В центральном архиве МБР сохранился страшный документ[43]: 16 октября 1941 года начальнику Бутырской тюрьмы поступает распоряжение выдать коменданту НКВД СССР осужденных к расстрелу ниже поименованных лиц: Андреева-Эфрона Сергея Яковлевича, и далее перечисляются имена 135 человек. И на последнем листе этого списка написано от руки:
16 октября 1941 года
Мы нижеподписавшиеся привели в исполнение приговор о расстреле 136 (сто тридцать шесть) чел., поименованных выше сего[44].
Сергей Яковлевич говорил, что он родился под знаком катастрофичности и всю жизнь
«…Вся жизнь – черновик, даже самая гладкая…»
Это слова Марины Ивановны. А жизнь Сергея Яковлевича? Не была ли она так трагически прожита начерно?
Безмерность в мире мер
Там, в Голицыне, где Марина Ивановна провела зиму 1939/1940 года, впервые после ее возвращения в Советский Союз она попадает в литературную среду. Возобновляются старые знакомства, там ее находят письма москвичей, с которыми она встречалась еще когда-то до эмиграции. Оттуда, из Голицына, идут ее ответные послания. Там, в Голицыне, заводятся и новые знакомства.
Обед в два, ужин в семь, завтрак в счет не идет, завтракают кто когда, и каждый спешит, не задерживаясь, не расплескиваясь на разговоры, к себе в комнату, к рабочему столу. Комнаты малы, комнат мало, и хотя в каждую втиснуты и кровать, и диван, но чаще всего сюда, в Голицыно, приезжают в одиночку, без жен – работать. Конечно, бывают и исключения. К обеду в столовой за табльдотом собирается человек двенадцать-пятнадцать. Стол накрывают по-домашнему, и суповую миску ставят на стол, когда все уже в сборе, и потому обитатели дома стараются не заставлять себя ждать.

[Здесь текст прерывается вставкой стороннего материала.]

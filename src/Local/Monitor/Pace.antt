-- ===== src/Local/Monitor/Pace.antt =====
-- How long the poll loop sleeps, from the validators of the configuration to the loop.
use mathlib.Core.Path.{subst}
use wan_router_notifications.Common.{
  ℕ, ◌∙◌, ◌≡◌, refl, sym, ap, Bool, List, [], ◌∷◌, some, none, Option, length, arith, Bool-cases,
  inl, inr, if◌then◌else◌,
}
use wan_router_notifications.Common.Int.{ℤ, pos, ◌≤ℤ◌, ltb_ℤ}
use wan_router_notifications.Common.Result.{
  Result, returned, raised, returned-injective, bind-returned,
}
use wan_router_notifications.Common.Text.{Text}
use wan_router_notifications.Common.Dict
use wan_router_notifications.Common.Dict.{Dict}
use wan_router_notifications.Shared.Clock.{Instant}
use wan_router_notifications.Shared.Config.{
  validated, validate_interval, polling_config, router_config, local_config, LocalFile, LocalConfig,
  EnvConfig, PollingConfig,
}
use wan_router_notifications.Shared.Models.{WanState, AlertEvent}
use wan_router_notifications.Shared.Telegram.{send_alert}
use wan_router_notifications.Local.AlertEngine.{process_wan_state, should_use_alert_interval}
use wan_router_notifications.Local.Poller.{choose_poller, poll_any}
use wan_router_notifications.Local.Monitor.Start.{monitor_with, new_monitor}
use wan_router_notifications.Local.Monitor.{
  Phase, ready, polling, sending, sleeping, backing_off, Monitor, Event, begun, polled, answered,
  woken, syslog, beat, poll_interval, send_next, process_states, on_answered, on_polled,
  on_syslog_event, on_beat, step_in, step, run,
}

abbrev AtLeastTen : ℤ → Type 0
AtLeastTen d = pos 10 ≤ℤ d

-- the interval of an iteration, or the sleep that is under way, is at least 10 seconds
abbrev pub IsSlow : Phase → Type 0
IsSlow (polling d) = AtLeastTen d
IsSlow (sending d all_states alert rest states) = AtLeastTen d
IsSlow (sleeping d) = AtLeastTen d
IsSlow (backing_off d) = AtLeastTen d
IsSlow _ = Unit {0}

abbrev Paced : Monitor → Type 0
Paced m = AtLeastTen m.normal_interval × AtLeastTen m.alert_interval × IsSlow m.phase

send_next-Paced :
    (interval : ℤ) (all_states : Dict WanState) (alerts : List AlertEvent) (states : List WanState)
    (m next : Monitor)
    → AtLeastTen interval
    → Paced m
    → Paced next
    → Paced (send_next interval all_states alerts states m next)
unfolding send_next
send_next-Paced interval all_states [] states m next i h g = g
send_next-Paced interval all_states (alert ∷ rest) states m next i h g = (h.0, h.1, i)

process_states-Paced :
    (clock : ℕ → Instant) (interval : ℤ) (all_states : Dict WanState) (states : List WanState)
    (m : Monitor)
    → AtLeastTen interval
    → Paced m
    → Paced (process_states clock interval all_states states m)
unfolding process_states
process_states-Paced clock interval all_states [] m i h = (h.0, h.1, i)
process_states-Paced clock interval all_states (state ∷ states) m i h =
    let (engine', alerts) =
      process_wan_state (clock (length states)) m.engine state (some all_states) in
    let m' = record m { engine = engine' } in
    send_next-Paced interval all_states alerts states m'
      (process_states clock interval all_states states m') i h
      (process_states-Paced clock interval all_states states m' i h)

on_answered-Paced :
    (clock : ℕ → Instant) (interval : ℤ) (all_states : Dict WanState) (rest : List AlertEvent)
    (states : List WanState) (r : Result Bool) (m : Monitor)
    → AtLeastTen interval
    → Paced m
    → Paced (on_answered clock interval all_states rest states r m)
unfolding on_answered
on_answered-Paced clock interval all_states rest states raised m i h = (h.0, h.1, omega arith)
on_answered-Paced clock interval all_states rest states (returned ok) m i h =
    send_next-Paced interval all_states rest states m
      (process_states clock interval all_states states m) i h
      (process_states-Paced clock interval all_states states m i h)

poll_interval-AtLeastTen : (m : Monitor) → Paced m → AtLeastTen (poll_interval m)
unfolding poll_interval
poll_interval-AtLeastTen m h = elim (Bool-cases (should_use_alert_interval m.engine)) [
  | inl a ↦ rw a h.1
  | inr n ↦ rw n h.0
]

step_in-Paced :
    (p : Phase) (e : Event) (m : Monitor) → m.phase ≡ p → IsSlow p → Paced m → Paced (step_in p e m)
unfolding step_in on_syslog_event on_beat on_polled
step_in-Paced p (syslog now event) m q s h = h
step_in-Paced p (beat now post) m q s h = h
step_in-Paced ready begun m q s h = (h.0, h.1, poll_interval-AtLeastTen m h)
step_in-Paced (polling interval) (polled now route links clock) m q s h =
    let (poller', states) = poll_any now route links m.poller in
    process_states-Paced clock interval states (Dict.values states) (record m { poller = poller' })
      s h
step_in-Paced (sending interval all_states alert rest states) (answered bot clock) m q s h =
    on_answered-Paced clock interval all_states rest states (send_alert m.telegram bot alert) m s h
step_in-Paced (sleeping interval) woken m q s h = (h.0, h.1, tt)
step_in-Paced (backing_off d) woken m q s h = (h.0, h.1, tt)
step_in-Paced _ _ m q s h = h

run-Paced : (es : List Event) (m : Monitor) → Paced m → Paced (run es m)
unfolding run step
run-Paced [] m h = h
run-Paced (e ∷ es) m h = run-Paced es (step_in m.phase e m) (step_in-Paced m.phase e m refl h.2 h)

raised_not : {A : Type 0} (v : A) → ¬ (raised ≡ returned v)
raised_not v e = cc

validated-AtLeastTen :
    (o : Option ℤ) (default v : ℤ)
    → AtLeastTen default
    → validated validate_interval o default ≡ returned v
    → AtLeastTen v
unfolding validate_interval
validated-AtLeastTen none default v d e =
    let same = returned-injective default v e in rw (sym same) d
validated-AtLeastTen (some w) default v d e = elim (Bool-cases (ltb_ℤ w (pos 10))) [
  | inl small ↦ elim (raised_not v (sym (ap (λ b. if b then raised else returned w) small) ∙ e)) [ ]
  | inr large ↦
      let same =
        returned-injective w v (sym (ap (λ b. if b then raised else returned w) large) ∙ e) in
      rw (sym same) (ground arith)
]

polling_config-AtLeastTen :
    (n a t : Option ℤ) (c : PollingConfig)
    → polling_config n a t ≡ returned c
    → AtLeastTen c.normal_interval × AtLeastTen c.alert_interval
unfolding polling_config
polling_config-AtLeastTen n a t c e =
    let (v, (en, e1)) = bind-returned (validated validate_interval n (pos 60)) _ c e in
    let (w, (ea, e2)) = bind-returned (validated validate_interval a (pos 15)) _ c e1 in
    let same = returned-injective _ c e2 in
    subst (λ d. AtLeastTen d.normal_interval × AtLeastTen d.alert_interval) same
      (
        validated-AtLeastTen n (pos 60) v (ground arith) en,
        validated-AtLeastTen a (pos 15) w (ground arith) ea,
      )

local_config-AtLeastTen :
    (upper : Text → Text) (f : LocalFile) (c : LocalConfig)
    → local_config upper f ≡ returned c
    → AtLeastTen c.polling.normal_interval × AtLeastTen c.polling.alert_interval
unfolding local_config
local_config-AtLeastTen upper f c e =
    let (r, (er, e1)) = bind-returned (router_config upper f) _ c e in
    let (p, (ep, e2)) =
      bind-returned (polling_config f.normal_interval f.alert_interval f.recovery_threshold) _ c
        e1 in
    let same = returned-injective _ c e2 in
    subst (λ d. AtLeastTen d.polling.normal_interval × AtLeastTen d.polling.alert_interval) same
      (polling_config-AtLeastTen f.normal_interval f.alert_interval f.recovery_threshold p ep)

-- Where a file is accepted as the local configuration and a monitor is made of it: whatever happens, no
-- sleep of its poll loop, after an iteration or in the exception handler, is of less than 10 seconds.
pub sleeps_ten_seconds :
    (upper : Text → Text) (f : LocalFile) (config : LocalConfig) (env : EnvConfig)
    (mock_snmp mock_telegram : Bool) (m : Monitor) (es : List Event)
    → local_config upper f ≡ returned config
    → new_monitor upper config env mock_snmp mock_telegram ≡ returned m
    → IsSlow (run es m).phase
unfolding new_monitor
sleeps_ten_seconds upper f config env mock_snmp mock_telegram m es e made =
    let (n, a) = local_config-AtLeastTen upper f config e in
    let (p, (chosen, same)) =
      bind-returned
        (choose_poller upper mock_snmp config.router.snmp_auth_protocol config.router.wan_gateways
          config.router.wan_interfaces)
        (λ poller'. returned (monitor_with config env mock_telegram poller')) m made in
    subst (λ t. IsSlow (run es t).phase)
      (returned-injective (monitor_with config env mock_telegram p) m same)
      (run-Paced es (monitor_with config env mock_telegram p) (n, a, tt)).2
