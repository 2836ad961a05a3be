-- ===== src/App/Identity.antt =====
-- Whose request it is (internal/app/app.go with internal/auth/identity.go, and the identities that
-- internal/ratelimit/middleware.go and internal/tokenusage/middleware.go take from it).
use agent.Base.{
  ℕ, ◌≡◌, refl, ap, Bool, true, not, Option, none, some, List, [], ◌∷◌, arith, all, if◌then◌else◌,
}
use agent.Text.{Text, text_eq, trim_space, is_empty}
use agent.Map.{◌==◌}
use agent.Auth.{
  Identity, ApiKeyAuthenticator, ApiKeyCredential, match_credentials, authenticate, extract_api_key,
}
use agent.Auth
use agent.RateLimit.{RateLimiter, UserLimiter}
use agent.RateLimit
use agent.Budget.{BudgetLimiter}
use agent.Usage.{RequestEstimate, estimate_request}
use agent.Controller.{Json, Request, HandlerRun, estimated_request}
use agent.Controller
use agent.App.Pipeline.{
  Gateway, ChatRequest, Clock, budgeted, budget_stage, rate_stage, chat, serve, guarded,
  with_budget, by_key,
}
use agent.Errors.{ErrorBody}

-- A user that a header cannot replace.
abbrev pub has_user : Identity → Bool
has_user i = not (is_empty (trim_space i.user_id))

abbrev user_or_nobody : Option Identity → Bool
user_or_nobody none = true
user_or_nobody (some i) = has_user i

match_credentials-has_user :
    (digest : List ℕ) (cs : List ApiKeyCredential) (matched : Option Identity)
    → all (λ c. has_user c.identity) cs ≡ true
    → user_or_nobody matched ≡ true
    → user_or_nobody (match_credentials digest cs matched) ≡ true
unfolding match_credentials
match_credentials-has_user digest [] matched h m = m
match_credentials-has_user digest (c ∷ cs) matched h m =
    match_credentials-has_user digest cs (if digest == c.hash then some c.identity else matched)
      (ground arith) (ground arith)

module _ (i : Identity) (named : has_user i ≡ true) where
  controller_identity :
      (q₁ q₂ : Request) (key : Text)
      → q₁.identity ≡ some i
      → q₂.identity ≡ some i
      → Controller.identity_from_request q₁ key ≡ Controller.identity_from_request q₂ key
  unfolding Controller.identity_from_request
  controller_identity q₁ q₂ key e₁ e₂ = rw (e₁, e₂, named) refl

  rate_identity :
      (v w : Text)
      → RateLimit.identity_from_request (some i) v ≡ RateLimit.identity_from_request (some i) w
  unfolding RateLimit.identity_from_request
  rate_identity v w = ground (arith, named)

  module _ (json : Json) (can_flush : Bool) (now later : ℕ) (next : HandlerRun)
      (l : BudgetLimiter) where
    estimated_request-header :
        (o : Option RequestEstimate) (q₁ q₂ : Request)
        → q₁.identity ≡ some i
        → q₂.identity ≡ some i
        → estimated_request json can_flush o q₁ now later next l
          ≡ estimated_request json can_flush o q₂ now later next l
    unfolding estimated_request
    estimated_request-header none q₁ q₂ e₁ e₂ = refl
    estimated_request-header (some e) q₁ q₂ e₁ e₂ =
        rw (controller_identity q₁ q₂ l.identity_header e₁ e₂) refl

    asked_by : Option Text → Text → (Text → Text) → Request
    asked_by raw_body method header = record {
      method = method;
      raw_body = raw_body;
      identity = some i;
      header = header;
    }

    middleware-header :
        (raw_body : Option Text) (method : Text) (header other : Text → Text)
        → Controller.middleware json can_flush (asked_by raw_body method header) now later next l
          ≡ Controller.middleware json can_flush (asked_by raw_body method other) now later next l
    unfolding Controller.middleware asked_by
    middleware-header none method header other = refl
    middleware-header (some raw_body) method header other =
        let estimate =
          estimate_request json.content (json.as_request raw_body)
            l.default_max_completion_tokens in
        rw
          (estimated_request-header estimate (asked_by (some raw_body) method header)
            (asked_by (some raw_body) method other) refl refl)
          refl

abbrev verdict_has_user : Auth.Verdict → Bool
verdict_has_user Auth.missing_key = true
verdict_has_user Auth.invalid_key = true
verdict_has_user (Auth.next_with identity) = has_user identity

middleware-has_user :
    (sha256 : Text → List ℕ) (a : ApiKeyAuthenticator) (value : Text)
    → all (λ c. has_user c.identity) a.credentials ≡ true
    → verdict_has_user (Auth.middleware sha256 a value) ≡ true
unfolding Auth.middleware authenticate
middleware-has_user sha256 a value h =
    elim (extract_api_key a value)
      as (λ k.
        verdict_has_user (elim k [
          | none ↦ Auth.missing_key
          | some api_key ↦ Auth.verdict_of (authenticate sha256 a api_key)
        ])
        ≡ true) [
          | none ↦ refl
          | some api_key ↦
              found-has_user (match_credentials (sha256 api_key) a.credentials none)
                (match_credentials-has_user (sha256 api_key) a.credentials none h refl)
        ]
  where
    found-has_user :
        (o : Option Identity)
        → user_or_nobody o ≡ true
        → verdict_has_user (Auth.verdict_of o) ≡ true
    found-has_user none u = refl
    found-has_user (some i) u = u

-- With an identity that has a user, the limits do not read the request's headers but for the key.
module _ {F : Type 0} (rate : RateLimiter F) (json : Json) (can_flush : Bool) where
  open rate use {Bucket}

  module _ (i : Identity) (named : has_user i ≡ true) (r : ChatRequest) (other : Text → Text)
      (t : Clock) (next : HandlerRun) where
    budget_stage-header :
        (l : Option BudgetLimiter)
        → budget_stage rate json can_flush (some i) (record r { header = other }) t next l
          ≡ budget_stage rate json can_flush (some i) r t next l
    unfolding budget_stage asked_by
    budget_stage-header none = refl
    budget_stage-header (some l) =
        ap (λ h. (some h.limiter, budgeted h.reply))
          (middleware-header i named json can_flush t.reserved t.settled next l r.raw_body r.method
            other r.header)

    rate-middleware-header :
        (v w : Text) (now : ℕ) (l : UserLimiter F Bucket)
        → RateLimit.middleware rate (some i) v now l ≡ RateLimit.middleware rate (some i) w now l
    unfolding RateLimit.middleware
    rate-middleware-header v w now l = rw (rate_identity i named v w) refl

    rate_stage-header :
        (users : Option (UserLimiter F Bucket)) (g : Gateway F Bucket)
        → rate_stage rate json can_flush (some i) (record r { header = other }) t next users g
          ≡ rate_stage rate json can_flush (some i) r t next users g
    unfolding rate_stage
    rate_stage-header none g = ap (with_budget rate json can_flush g) (budget_stage-header g.budget)
    rate_stage-header (some l) g =
        rw
          (
            budget_stage-header g.budget,
            rate-middleware-header (other l.identity_header) (r.header l.identity_header) t.arrival
                l,
          )
          refl

  by_key-header :
      (r : ChatRequest) (other : Text → Text) (t : Clock) (next : HandlerRun) (g : Gateway F Bucket)
      (v : Auth.Verdict)
      → verdict_has_user v ≡ true
      → by_key rate json can_flush
          (λ identity.
            rate_stage rate json can_flush identity (record r { header = other }) t next g.users g)
          g
          v
        ≡ by_key rate json can_flush
            (λ identity. rate_stage rate json can_flush identity r t next g.users g)
            g
            v
  by_key-header r other t next g Auth.missing_key h = refl
  by_key-header r other t next g Auth.invalid_key h = refl
  by_key-header r other t next g (Auth.next_with i) h =
      rate_stage-header i h r other t next g.users g

  -- A header cannot change whose request it is: where a request needs an API key, and each
  -- configured key names a user, two requests that differ only in headers other than that of the
  -- key, to the same run of the handler, have the same outcome and leave the limits the same. Nobody
  -- spends the tokens or the rate of another user by naming that user in a header.
  pub serve-header :
      (encode : ErrorBody → Text) (sha256 : Text → List ℕ) (r : ChatRequest) (t : Clock)
      (handler : HandlerRun) (g : Gateway F Bucket) (a : ApiKeyAuthenticator) (other : Text → Text)
      → g.authenticator ≡ some a
      → all (λ c. has_user c.identity) a.credentials ≡ true
      → other a.header ≡ r.header a.header
      → serve rate json can_flush encode sha256 (record r { header = other }) t handler g
        ≡ serve rate json can_flush encode sha256 r t handler g
  unfolding serve chat Auth.middleware
  serve-header encode sha256 r t handler g a other e named same =
      rw (e, same)
        (by_key-header r other t (guarded encode g.slots handler)
          (record g { authenticator = some a }) (Auth.middleware sha256 a (r.header a.header))
          (middleware-has_user sha256 a (r.header a.header) named))
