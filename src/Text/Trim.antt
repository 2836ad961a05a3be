-- ===== src/Text/Trim.antt =====
-- What trimming keeps of a text: a property of all its characters.
use agent.Base.{
  ℕ, ◌≡◌, refl, sym, ◌∙◌, Bool, true, false, not, ◌&&◌, [], ◌∷◌, arith, all, drop, zero, suc,
  Bool-cases, inl, inr,
}
use agent.Text.{
  is_empty, is_space, Text, trim_space, trim_left_by, trim_right_by, trim_prefix, contains_any,
  has_char, has_prefix, trim_end,
}

module _ (q : ℕ → Bool) where
  all-trim_left : (p : ℕ → Bool) (s : Text) → all q s ≡ true → all q (trim_left_by p s) ≡ true
  unfolding trim_left_by
  all-trim_left p [] h = refl
  all-trim_left p (c ∷ s) h = ground (arith, all-trim_left p s)

  all-trim_end :
      (b : Bool) (c : ℕ) (s : Text) → q c ≡ true → all q s ≡ true → all q (trim_end b c s) ≡ true
  all-trim_end true c [] h r = refl
  all-trim_end false c [] h r = ground arith
  all-trim_end true c (d ∷ s) h r = ground arith
  all-trim_end false c (d ∷ s) h r = ground arith

  all-trim_right : (p : ℕ → Bool) (s : Text) → all q s ≡ true → all q (trim_right_by p s) ≡ true
  unfolding trim_right_by
  all-trim_right p [] h = refl
  all-trim_right p (c ∷ s) h =
      all-trim_end (p c) c (trim_right_by p s) (ground arith) (all-trim_right p s (ground arith))

  pub all-trim_space : (s : Text) → all q s ≡ true → all q (trim_space s) ≡ true
  unfolding trim_space
  all-trim_space s h = all-trim_right _ _ (all-trim_left _ s h)

  all-drop : (n : ℕ) (s : Text) → all q s ≡ true → all q (drop n s) ≡ true
  all-drop zero s h = h
  all-drop (suc n) [] h = refl
  all-drop (suc n) (c ∷ s) h = all-drop n s (ground arith)

  pub all-trim_prefix : (s p : Text) → all q s ≡ true → all q (trim_prefix s p) ≡ true
  unfolding trim_prefix
  all-trim_prefix s p h = elim (Bool-cases (has_prefix s p)) [
    | inl e ↦ rw (e) (all-drop _ s h)
    | inr e ↦ rw (e) h
  ]

-- A text without certain characters has none of them once it is trimmed.
pub contains_any-trim_space :
    (s chars : Text) → contains_any s chars ≡ false → contains_any (trim_space s) chars ≡ false
unfolding contains_any
contains_any-trim_space s chars h = ground (arith, all-trim_space (λ c. not (has_char c chars)) s)

module _ (p : ℕ → Bool) where
  trim_left-is_empty : (s : Text) → is_empty (trim_left_by p s) ≡ all p s
  unfolding trim_left_by
  trim_left-is_empty [] = refl
  trim_left-is_empty (c ∷ s) = ground (arith, trim_left-is_empty s)

  all-trim_left_same : (s : Text) → all p (trim_left_by p s) ≡ all p s
  unfolding trim_left_by
  all-trim_left_same [] = refl
  all-trim_left_same (c ∷ s) = ground (arith, all-trim_left_same s)

  trim_end-is_empty : (c : ℕ) (s : Text) → is_empty (trim_end (p c) c s) ≡ (p c && is_empty s)
  trim_end-is_empty c [] = elim (Bool-cases (p c)) [ inl e ↦ rw (e) refl | inr e ↦ rw (e) refl ]
  trim_end-is_empty c (d ∷ s) = elim (Bool-cases (p c)) [
    | inl e ↦ rw (e) refl
    | inr e ↦ rw (e) refl
  ]

  trim_right-is_empty : (s : Text) → is_empty (trim_right_by p s) ≡ all p s
  unfolding trim_right_by
  trim_right-is_empty [] = refl
  trim_right-is_empty (c ∷ s) =
      ground (arith, trim_right-is_empty s, trim_end-is_empty c (trim_right_by p s))

  all-trim_end_same : (c : ℕ) (s : Text) → all p (trim_end (p c) c s) ≡ (p c && all p s)
  all-trim_end_same c [] = elim (Bool-cases (p c)) [
    | inl e ↦ rw (e) refl
    | inr e ↦ rw (e) (ground (arith, e))
  ]
  all-trim_end_same c (d ∷ s) = elim (Bool-cases (p c)) [
    | inl e ↦ rw (e) refl
    | inr e ↦ rw (e) refl
  ]

  all-trim_right_same : (s : Text) → all p (trim_right_by p s) ≡ all p s
  unfolding trim_right_by
  all-trim_right_same [] = refl
  all-trim_right_same (c ∷ s) =
      ground (arith, all-trim_right_same s, all-trim_end_same c (trim_right_by p s))

-- Trimming twice leaves nothing only where trimming once does.
pub is_empty-trim_twice :
    (s : Text) → is_empty (trim_space (trim_space s)) ≡ is_empty (trim_space s)
unfolding trim_space
is_empty-trim_twice s =
    let once = trim_left_by is_space s in
    let twice = trim_right_by is_space once in
    trim_right-is_empty is_space (trim_left_by is_space twice)
    ∙ all-trim_left_same is_space twice
    ∙ all-trim_right_same is_space once
    ∙ sym (trim_right-is_empty is_space once)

И к означенному часу, скинув верхнюю одежду в маленькой и тесной передней, где стоит старое трюмо с подзеркальником, заваленным шапками, и вешалка горбится и скрипит под тяжестью шуб, – Марина Ивановна с Муром появляются в столовой.
Он большой, высокий, с маской высокомерия и даже надменности, за которой, быть может, он так старательно пытается скрыть свои пятнадцать лет от роду. Она ему по плечо, нет, все-таки чуть выше, худая, нервная, «светлошерстая… – и даже весьма светлошерстая!..» Общий поклон, и они усаживаются на свои места. У каждого за столом свое место, своя салфетка в кольце.